Technology is so closely tied to the language industry that many companies also develop their own tools, depending on their fields of expertise. t’works has created its own specific technology tools for terminology management, SAP translation and as connectors for CMS systems, all designed to make our customers’ projects run as efficiently and as seamlessly as possible.
The language industry therefore has a brilliant track record of introducing technology into its workflows. It has always been ready to integrate systems that will improve productivity and quality – it embraces disruption with open arms!
GenAI and translation
Leaving aside the concerns around data privacy and security which we touched on in our last blog, let’s look at how good a translator GenAI like ChatGPT is, and if its current limitations, mainly the ‘hallucination’ and inherent bias problems, prevent it from being a viable translation option.
Tests from varied reliable sources have arrived at similar conclusions. The language technology experts at CSA Research have looked at the question in detail. They conclude that ChatGPT produces ‘strikingly good results’ when the languages involved are served by large amounts of data for training (high resource) but that low-resource languages fair less well. They also found that ChatGPT was stronger than current machine translation for tasks involving ‘noisy’ data, (that is to say text that contains perhaps spelling errors or lots of colloquial and unusual language) and that it dealt better with defining context. Being able to use prompts to create more elaborate instructions for the system to work with was also seen as a plus point.

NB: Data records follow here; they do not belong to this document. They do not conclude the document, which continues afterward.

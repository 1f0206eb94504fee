-- ===== src/User/Devices.antt =====
-- The stubs of phase4a/phase4_usermode.c. `unset` is what the arguments hold that no stub sets.
use process_control.Base.{ℕ, if◌then◌else◌}
use process_control.Base.Int.{ℤ, pos}
use process_control.Base.Run.{done, yields, halted, bind}
use process_control.Base.Sysargs.{Sysargs}
use process_control.Base.Syscalls.{
  Number, sys_sleep, sys_termread, sys_termwrite, sys_diskread, sys_diskwrite, sys_disksize,
}
use process_control.User.State.{Machine, Routine, syscall, from_kernel, int_of}

-- CHECKMODE.
unfoldable pub check_mode : Machine → ℕ → Routine (Unit {0})
check_mode m psr =
    if m.in_kernel psr then yields from_kernel psr (λ _ p. halted (pos 1) p) else done tt psr

unfoldable pub trap : {A : Type 0} → Machine → Number → Sysargs → (Sysargs → A) → ℕ → Routine A
unfolding check_mode bind
trap m n args take psr =
    bind (check_mode m psr) (λ _ p. yields (syscall n args) p (λ res q. done (take res) q))

unfoldable pub sleep : Machine → Sysargs → ℤ → ℕ → Routine ℤ
unfolding trap int_of
sleep m unset seconds = trap m sys_sleep (record unset { arg1 = seconds }) (λ res. int_of res.arg4)

-- The number of characters, and the result.
unfoldable pub term_read : Machine → Sysargs → ℤ → ℤ → ℤ → ℕ → Routine (ℤ × ℤ)
unfolding trap int_of
term_read m unset buffer buffer_size unit_id =
    trap m sys_termread (record unset { arg1 = buffer; arg2 = buffer_size; arg3 = unit_id })
      (λ res. (int_of res.arg2, int_of res.arg4))

unfoldable pub term_write : Machine → Sysargs → ℤ → ℤ → ℤ → ℕ → Routine (ℤ × ℤ)
unfolding trap int_of
term_write m unset buffer buffer_size unit_id =
    trap m sys_termwrite (record unset { arg1 = buffer; arg2 = buffer_size; arg3 = unit_id })
      (λ res. (int_of res.arg2, int_of res.arg4))

abbrev disk_args : ℤ → ℤ → ℤ → ℤ → ℤ → Sysargs
disk_args disk_buffer unit track first sectors = record {
  arg1 = disk_buffer;
  arg2 = sectors;
  arg3 = track;
  arg4 = first;
  arg5 = unit;
}

-- The status, and the result.
unfoldable pub disk_read : Machine → ℤ → ℤ → ℤ → ℤ → ℤ → ℕ → Routine (ℤ × ℤ)
unfolding trap int_of
disk_read m disk_buffer unit track first sectors =
    trap m sys_diskread (disk_args disk_buffer unit track first sectors)
      (λ res. (int_of res.arg1, int_of res.arg4))

unfoldable pub disk_write : Machine → ℤ → ℤ → ℤ → ℤ → ℤ → ℕ → Routine (ℤ × ℤ)
unfolding trap int_of
disk_write m disk_buffer unit track first sectors =
    trap m sys_diskwrite (disk_args disk_buffer unit track first sectors)
      (λ res. (int_of res.arg1, int_of res.arg4))

-- The sizes of a sector, a track and the disk, and the result.
unfoldable pub disk_size : Machine → Sysargs → ℤ → ℕ → Routine (ℤ × ℤ × ℤ × ℤ)
unfolding trap int_of
disk_size m unset unit =
    trap m sys_disksize (record unset { arg1 = unit })
      (λ res. (int_of res.arg1, int_of res.arg2, int_of res.arg3, int_of res.arg4))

The language industry commentator Slator, looked at recent studies by Tencent, Intento and Microsoft and reported that all three rated ChatGPT as ‘competitive’ for translation involving high resource languages. Language consultants Nimdzi found generative AI language models (like ChatGPT) to be ‘more fluent but less accurate and unpredictable’ in comparison with neural MT. However Nimdzi also concluded that the potential applications of these AI models were much greater than traditional MT, particularly in areas such as, for example, transcreation or detecting gender bias.
These assessments are helpful but we should remember that they are largely comparing generative AI’s translation ability to that of current machine translation, which itself is far from perfect. In all cases, both AI language models and MT still have significant imperfections and a very long way to go before they can replace humans. To quote Arle Lommel from CSA Research, the quality of ChatGPT’s translation, ‘…depends on the language, on the subject matter, and sometimes on the phase of the moon or some other imponderable factor.’
Customer benefits
It would be fair to say that ChatGPT is keeping the language industry on its toes. It is yet another disruptor in a sector that has been subject to advancing technology throughout its history. For the moment its translation abilities are good but not good enough to trust it with translations that matter. If you need to translate important business texts, literature, targeted marketing copy or similar, human expertise is crucial. ChatGPT can be a useful tool for tasks such as getting a quick understanding of a text in another language or for generating content ideas, but as yet its flaws are too significant to let it take on important translation work unsupervised.
How big a role it will play is as yet uncertain. What we do know is that generative AI is changing the technology landscape and ignoring it is not an option. For now we hope the doom sayers are mistaken and that this incredible technology will have a positive impact on the world of language and the people who work in it. For those of us who play with words for a living, well, we’ll keep an open mind and continue to welcome technology tools when they bring direct benefits for our customers.